Posted By Kevin, Tampa Florida: April 8, 2009 1:56 pm

Like cars there is a glut of SUV and large Trucks (monster home) on the market. In our area if it was less then 2,500 sq ft in the boom times it was a dump. Now we are seeing a good number of smaller more affordable building. More condos, smaller community homes with shared resources such as play areas. All a good thing. The large look at me homes are a glut on the market as consumers are saying “what was I thinking” as owing one of these monsters is not unlike owning a large truck, lots of gas to keep it going.

Hopefully the “investor mentality” will die soon and home buyers will buy for the right reasons, we need a nice place to call home and oh by the way if it makes some money all the better. People went nuts with the investment angle of home ownership forgetting that a home is first a home then an investment. Do not flip this house needs to become the norm. If you want to invest in real estate do so outside of your home. Consider any gains of the home as a bonus that may not last forever as seen by this market. Bottom line, home ownership is just what is says, ownership. In the past it was home investment, with more risks then most folks could ever imagine.

Posted By Norm Salem, OR: April 8, 2009 1:51 pm

I think it depends on the area, around here there is NO construction going on and I love it! Hope it stays dead for years! We still have a long way before we hit bottom we are not even close!

Posted By Matt, Xenia OH: April 8, 2009 1:47 pm

The lower end of the market is spiking both in sales and prices. Middle market is moribund and the upper tier is still somehow selling. A definite recovery is under way in San Diego. We were the first to go down rapidly and may be the first to recover.

Posted By Brett, San Diego, CA: April 8, 2009 12:51 pm

My area is quite stable relative to housing, having NOT participated in the stupidity of the housing buildem’, flipem’ shams.

I’d like to point out that most ALL stock market activity lately is based strictly on the “HOPE” that things are looking up. “HOPE” is not a wise and prudent investment strategy, fundamentals are, and the fundamentals absolutely stink. There are hundreds of thousands of “shadow” homes (empty shells of completed or abandoned homes still on the banks books). These zombie homes have not been released to foreclosure yet because the banks are “hoping” the housing turnaround is coming real soon. Keep dreaming…wages are sinking, unemployment is rising, housing prices are still dropping, who in their right mind would want to buy now? Nobody I know with half a brain. You’d be buying into a dimishing priced market so you’d have to plan on going in underwater to start. Why would anybody do that? It’s nuts. of course, the housing hype machine is still cranking out the baloney talk about , “now is the time to buy”, so to anybody swallowing the baloney I say, CAVEAT EMPTOR (let the buyer beware).

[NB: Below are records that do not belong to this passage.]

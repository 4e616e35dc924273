-- ===== src/Sessions/Fresh.antt =====
-- A session that is answered afresh (messk/src/lib/socket.ts, `decryptInSession`).
use messk.Prelude.{ℕ, ◌≡◌, ap, ◌∙◌, true, false, Option, none, some, Text, nonempty}
use messk.Prelude.Dict.{lookup, lookup-insert_self}
use messk.Json.{Json}
use messk.Json.Parse.{parse_json}
use messk.Json.Plain.{json_of}
use messk.Ratchet.Platform.{Platform, Bytes, KeyPair, Session, RatchetMessage, sent_header}
use messk.Ratchet.Step.{Outcome, done}
use messk.Ratchet.Receive.{decrypt}
use messk.Handshake.{x3dh_respond}
use messk.Sessions.{
  SessionStore, responder_session, store_read, put_session, delete_prekey, used_prekey,
  prekey_secret, prekey_id, stringify_message, message_of, message_plain, parse_envelope_x3dh,
  has_no_header,
}
use messk.Sessions.Decrypt.{decrypt_in_session, decrypt_json, decrypt_fresh}
use messk.Sessions.Wire.{
  parse-stringify_message, message_of-plain, has_header, parse-envelope_x3dh, params,
}

pub lookup-put_session :
    (session : Session) (store : SessionStore) (peer : Text)
    → session.peer_public_key ≡ peer
    → lookup peer (put_session session store).sessions ≡ some session
lookup-put_session session store peer named =
    rw (← named) (lookup-insert_self session.peer_public_key session store.sessions)

pub store_read-done :
    (store : SessionStore) (consumed : Option ℕ) (t : Text) (r : Outcome Text × Session)
    → r.0 ≡ done t
    → nonempty t ≡ true
    → store_read store consumed r
      ≡ (done t, record (put_session r.1 store) { prekeys = delete_prekey consumed store.prekeys })
store_read-done store consumed t (o, session) e written =
    ap (λ o. store_read store consumed (o, session)) e ∙ simp written

module _ (p : Platform) (ratchet reply : KeyPair) (my_secret_key peer ephemeral_pub : Text)
    (pre_key_pub : Option Text) (store : SessionStore) (msg : RatchetMessage) (secret : Bytes) where
  starts_again :
      (ratchet_data : Json)
      → nonempty ephemeral_pub ≡ true
      → x3dh_respond p my_secret_key
          (prekey_secret (used_prekey pre_key_pub store))
          none
          peer
          ephemeral_pub
          none
        ≡ some secret
      → has_no_header ratchet_data ≡ false
      → message_of ratchet_data ≡ msg
      → decrypt_fresh p ratchet reply ratchet_data peer my_secret_key
          (params (some (ephemeral_pub, pre_key_pub)))
          store
        ≡ store_read store (prekey_id (used_prekey pre_key_pub store)) (
            decrypt p msg reply
              (responder_session p peer msg.header.ratchet_pub_key ratchet secret))
  starts_again ratchet_data shown responds headed reads = simp (shown, responds, headed, reads)

  -- A message with a handshake from somebody with whom there is no session.
  pub fresh_session :
      (k : Text) (n pn : ℕ)
      → msg.header ≡ sent_header k n pn
      → nonempty my_secret_key ≡ true
      → nonempty ephemeral_pub ≡ true
      → lookup peer store.sessions ≡ none
      → x3dh_respond p my_secret_key
          (prekey_secret (used_prekey pre_key_pub store))
          none
          peer
          ephemeral_pub
          none
        ≡ some secret
      → decrypt_in_session p ratchet reply my_secret_key peer
          (stringify_message msg (some (ephemeral_pub, pre_key_pub)))
          (parse_envelope_x3dh (stringify_message msg (some (ephemeral_pub, pre_key_pub))))
          store
        ≡ store_read store
            (prekey_id (used_prekey pre_key_pub store))
            (decrypt p msg reply (responder_session p peer k ratchet secret))
  unfolding decrypt_in_session
  fresh_session k n pn header mine shown unknown responds =
      let x3dh = some (ephemeral_pub, pre_key_pub) in
      simp mine (
        ap
          (λ o.
            decrypt_json p ratchet reply peer my_secret_key o store (lookup peer store.sessions)
              (parse_json (stringify_message msg x3dh)))
          (parse-envelope_x3dh msg x3dh)
        ∙ ap
            (λ o.
              decrypt_json p ratchet reply peer my_secret_key (params x3dh) store o
                (parse_json (stringify_message msg x3dh)))
            unknown
        ∙ ap (decrypt_json p ratchet reply peer my_secret_key (params x3dh) store none)
            (parse-stringify_message msg x3dh)
        ∙ starts_again (json_of (message_plain msg x3dh)) shown responds (has_header msg x3dh)
            (message_of-plain msg x3dh k n pn header)
        ∙ ap
            (λ g.
              store_read store (prekey_id (used_prekey pre_key_pub store))
                (decrypt p msg reply (responder_session p peer g.ratchet_pub_key ratchet secret)))
            header)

You are going to get burned, most assuredly.

The force of an economic correction is equal and opposite to the economic deception that PRECEDED it. We have only begun to weather this storm, the worst is yet to come. We are staring at years of economic problems going forward. It’s sad to have to say, but very few are saying it and our government is exacerbating the problems a hundredfold with all this bailout and TARP and TALF and…..nonsense. We are in the early stages of a DEPRESSION and it a’int going to be GREAT. It’s going to be COLOSSAL.

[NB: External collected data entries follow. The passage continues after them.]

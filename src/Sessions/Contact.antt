-- ===== src/Sessions/Contact.antt =====
-- The first message to somebody, from the sender's store to the receiver's.
use messk.Prelude.{
  ◌<◌, ◌≡◌, refl, sym, ap, ◌∙◌, true, Option, none, some, [], Text, nonempty, length, arith,
}
use messk.Prelude.Dict.{lookup}
use messk.Ratchet.Platform.{
  Platform, IsPlatform, Bytes, KeyPair, Session, RatchetMessage, sent_header,
}
use messk.Ratchet.Step.{Outcome, done, null, throws}
use messk.Ratchet.Send.{encrypt}
use messk.Ratchet.Receive.{decrypt}
use messk.Ratchet.Open.{seal-valid}
use messk.Ratchet.Delivery.{Ahead, encrypt-Sent}
use messk.Ratchet.Delivery.Order.{decrypt-encrypt, delivered, chain_after-none}
use messk.Ratchet.Turn.{IsKeyExchange}
use messk.Handshake.{x3dh_respond}
use messk.Handshake.Agreement.{
  public_text, secret_text, public_texts, secret_texts, AllGenerated, x3dh-agree,
}
use messk.Sessions.{
  Draws, SessionStore, encrypt_in_session, initiator_session, responder_session, store_sent,
  put_session, delete_prekey, used_prekey, prekey_secret, prekey_id, stringify_message,
  parse_envelope_x3dh,
}
use messk.Sessions.Decrypt.{decrypt_in_session}
use messk.Sessions.Fresh.{lookup-put_session, store_read-done, fresh_session}

-- The store holds the secret key of the one-time key.
abbrev pub Holds : Platform → Option KeyPair → SessionStore → Type 0
Holds p pre_key store =
    prekey_secret (used_prekey (public_texts p pre_key) store) ≡ secret_texts p pre_key

abbrev text_of : Outcome Text × SessionStore → Text
text_of (done t, s) = t
text_of (null, s) = []
text_of (throws, s) = []

-- A text that is sent is the text of a message that the ratchet made, and the session is stored.
pub store_sent-done :
    (store after : SessionStore) (x3dh : Option (Text × Option Text))
    (r : Outcome RatchetMessage × Session) (t : Text)
    → store_sent store x3dh r ≡ (done t, after)
    → (msg : RatchetMessage) × (r.0 ≡ done msg)
      × (t ≡ stringify_message msg x3dh)
      × (after ≡ put_session r.1 store)
store_sent-done store after x3dh (done msg, s) t e =
    (msg, refl, ap text_of (sym e), ap (λ q. q.1) (sym e))
store_sent-done store after x3dh (null, s) t e = absurd (cc)
store_sent-done store after x3dh (throws, s) t e = absurd (cc)

-- Two sessions with one root key, where the sender has heard nothing and the receiver said nothing.
pub record Introduced (p : Platform) (pair : KeyPair) (mine theirs : Session) : Type 0 where
  pub secret : Bytes
  pub mine_root : mine.root_key ≡ p.encode_base64 secret
  pub theirs_root : theirs.root_key ≡ p.encode_base64 secret
  pub mine_secret : mine.send_ratchet_priv_key ≡ p.encode_base64 pair.secret_key
  pub theirs_peer : theirs.recv_ratchet_pub_key ≡ some (p.encode_base64 pair.public_key)
  pub unspoken : theirs.send_chain_key ≡ none
  pub unheard : mine.recv_chain_key ≡ none
  pub unsent : theirs.send_chain_index ≡ 0

module _ (p : Platform) (h : IsPlatform p) (secret : Bytes) (long : length secret ≡ 32)
    (pair : KeyPair) (known : 0 < length pair.public_key) (ratchet : KeyPair) (alice bob : Text)
    (pre_key_pub : Option Text) where
  -- The first sessions of the two are in step.
  pub started-Ahead :
      Ahead p
        (initiator_session p bob pre_key_pub pair secret)
        (responder_session p alice (p.encode_base64 pair.public_key) ratchet secret)
        0
  unfolding lookup
  started-Ahead = record {
    sent = secret;
    expected = secret;
    send_key = refl;
    recv_key = refl;
    sent_long = omega (arith, long);
    expected_long = omega (arith, long);
    chain = chain_after-none p secret;
    index = refl;
    peer = refl;
    named = h.base64_nonempty pair.public_key known;
    fresh = λ j later. refl;
  }

  abbrev mine_first : Session
  mine_first = initiator_session p bob pre_key_pub pair secret

  abbrev theirs_first : Session
  theirs_first = responder_session p alice (p.encode_base64 pair.public_key) ratchet secret

  -- The first message on them is read.
  pub first_read :
      (chain reply : KeyPair) (nonce : Bytes) (plaintext : Text) (msg : RatchetMessage)
      → (encrypt p chain nonce plaintext mine_first).0 ≡ done msg
      → nonempty plaintext ≡ true
      → (msg.header ≡ sent_header (p.encode_base64 pair.public_key) 0 0)
        × ((decrypt p msg reply theirs_first).0 ≡ done plaintext)
        × ((encrypt p chain nonce plaintext mine_first).1.peer_public_key ≡ bob)
        × ((decrypt p msg reply theirs_first).1.peer_public_key ≡ alice)
        × Ahead p
            (encrypt p chain nonce plaintext mine_first).1
            (decrypt p msg reply theirs_first).1
            0
        × Introduced p pair
            (encrypt p chain nonce plaintext mine_first).1
            (decrypt p msg reply theirs_first).1
  first_read chain reply nonce plaintext msg encrypts written =
      let a = started-Ahead in
      let out =
        encrypt-Sent p h chain nonce plaintext mine_first a.sent msg a.send_key a.sent_long
          encrypts in
      let (keys, loop, reads) =
        delivered p h chain nonce plaintext mine_first theirs_first msg 0 a (omega arith) out
          written reply in
      (
        (seal-valid p h nonce out.1 _ _ _ plaintext msg out.3).0,
        ap (λ r. r.0) reads,
        ap (λ s. s.peer_public_key) out.4,
        ap (λ r. r.1.peer_public_key) reads,
        (decrypt-encrypt p h chain nonce plaintext mine_first theirs_first msg 0 a (omega arith)
            encrypts written reply).1,
        rw (reads, out.4)
            (record {
              secret = secret;
              mine_root = refl;
              theirs_root = refl;
              mine_secret = refl;
              theirs_peer = refl;
              unspoken = refl;
              unheard = refl;
              unsent = refl;
            }),
      )

module _ (p : Platform) (h : IsPlatform p) (Generated : KeyPair → Type 0)
    (x : IsKeyExchange p Generated) (alice bob : KeyPair) (pre_key : Option KeyPair) (draws : Draws)
    (ratchet reply : KeyPair) (plaintext sent : Text)
    (alice_store bob_store after : SessionStore) where
  abbrev pub received : Outcome Text × SessionStore
  received =
      decrypt_in_session p ratchet reply (secret_text p bob) (public_text p alice) sent
        (parse_envelope_x3dh sent) bob_store

  -- Between generated key pairs, where neither has a session with the other and the receiver holds
  -- the one-time key that the server gave to the sender, if any, a text that is not empty is read as
  -- it was sent. Afterwards each has a session with the other, these are in step, and the receiver
  -- has deleted the one-time key.
  pub decrypt_in_session-encrypt_in_session :
      Generated alice
      → Generated bob
      → Generated draws.ephemeral
      → Generated draws.ratchet
      → AllGenerated Generated pre_key
      → Holds p pre_key bob_store
      → lookup (public_text p bob) alice_store.sessions ≡ none
      → lookup (public_text p alice) bob_store.sessions ≡ none
      → encrypt_in_session p draws
          (public_text p bob)
          plaintext
          (secret_text p alice)
          (public_texts p pre_key)
          alice_store
        ≡ (done sent, after)
      → nonempty plaintext ≡ true
      → (received.0 ≡ done plaintext)
        × (received.1.prekeys
            ≡ delete_prekey
                (prekey_id (used_prekey (public_texts p pre_key) bob_store))
                bob_store.prekeys)
        × (mine : Session) × (theirs : Session) × (lookup (public_text p bob) after.sessions
            ≡ some mine)
        × (lookup (public_text p alice) received.1.sessions ≡ some theirs)
        × Ahead p mine theirs 0
        × Introduced p draws.ratchet mine theirs
  unfolding encrypt_in_session decrypt_in_session
  decrypt_in_session-encrypt_in_session ga gb ge gr gk holds no_mine no_theirs e written =
      let (secret, long, initiates, responds) =
        x3dh-agree p h Generated x alice bob draws.ephemeral pre_key ga gb ge gk in
      let a0 =
        initiator_session p (public_text p bob) (public_texts p pre_key) draws.ratchet secret in
      let b0 =
        responder_session p (public_text p alice) (p.encode_base64 draws.ratchet.public_key) ratchet
          secret in
      let x3dh = some (public_text p draws.ephemeral, public_texts p pre_key) in
      let e' : store_sent (put_session a0 alice_store) x3dh
            (encrypt p draws.chain draws.nonce plaintext a0)
          ≡ (done sent, after) =
        sym (simp (no_mine, initiates)) ∙ e in
      let (msg, encrypts, text_sent, stored) = store_sent-done _ after x3dh _ sent e' in
      let (header, reads, mine_named, theirs_named, ahead, introduced) =
        first_read p h secret long draws.ratchet (x.long draws.ratchet gr) ratchet
          (public_text p alice) (public_text p bob) (public_texts p pre_key) draws.chain reply
          draws.nonce plaintext msg encrypts written in
      let arrives =
        fresh_session p ratchet reply (secret_text p bob) (public_text p alice)
          (public_text p draws.ephemeral) (public_texts p pre_key) bob_store msg secret _ _ _ header
          (h.base64_nonempty bob.secret_key (x.long_secret bob gb))
          (h.base64_nonempty draws.ephemeral.public_key (x.long draws.ephemeral ge)) no_theirs
          (ap
              (λ k.
                x3dh_respond p (secret_text p bob) k none (public_text p alice)
                  (public_text p draws.ephemeral) none)
              holds
            ∙ responds) in
      let mine = (encrypt p draws.chain draws.nonce plaintext a0).1 in
      let theirs = (decrypt p msg reply b0).1 in
      let result =
        ap
          (λ t.
            decrypt_in_session p ratchet reply (secret_text p bob) (public_text p alice) t
              (parse_envelope_x3dh t) bob_store)
          text_sent
        ∙ arrives
        ∙ store_read-done bob_store (prekey_id (used_prekey (public_texts p pre_key) bob_store))
            plaintext _ reads written in
      (
        ap (λ r. r.0) result,
        ap (λ r. r.1.prekeys) result,
        mine,
        theirs,
        ap (λ (st : SessionStore). lookup (public_text p bob) st.sessions) stored
            ∙ lookup-put_session mine (put_session a0 alice_store) (public_text p bob) mine_named,
        ap (λ r. lookup (public_text p alice) r.1.sessions) result
            ∙ lookup-put_session theirs bob_store (public_text p alice) theirs_named,
        ahead,
        introduced,
      )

Posted By FrugalPete, Rochester,NY: April 8, 2009 12:34 pm

What glut? Lennar and Meritage are building new houses in my neighborhood.

Posted By Mark Mitchell, Porter (North Houiston), Texas: April 8, 2009 12:31 pm

There is a housing glut, both in excess quantity excessive price (this is the bigger problem).

The average American income is $40k per year. How does that justify an average home price of > $200k and average mortgage bigger than the average price ? In some areas, it got even more out of line. Average prices in Northern California have come down from around $665k at the peak (!!!) to around $300k now, so the correction is finally underway.

We’re seeing a lot of short sales, givebacks, and foreclosures. These are necessary steps to renegotiate bloated loans. The good news is that we should be out of these woods in about 3 more years and housing may be affordable.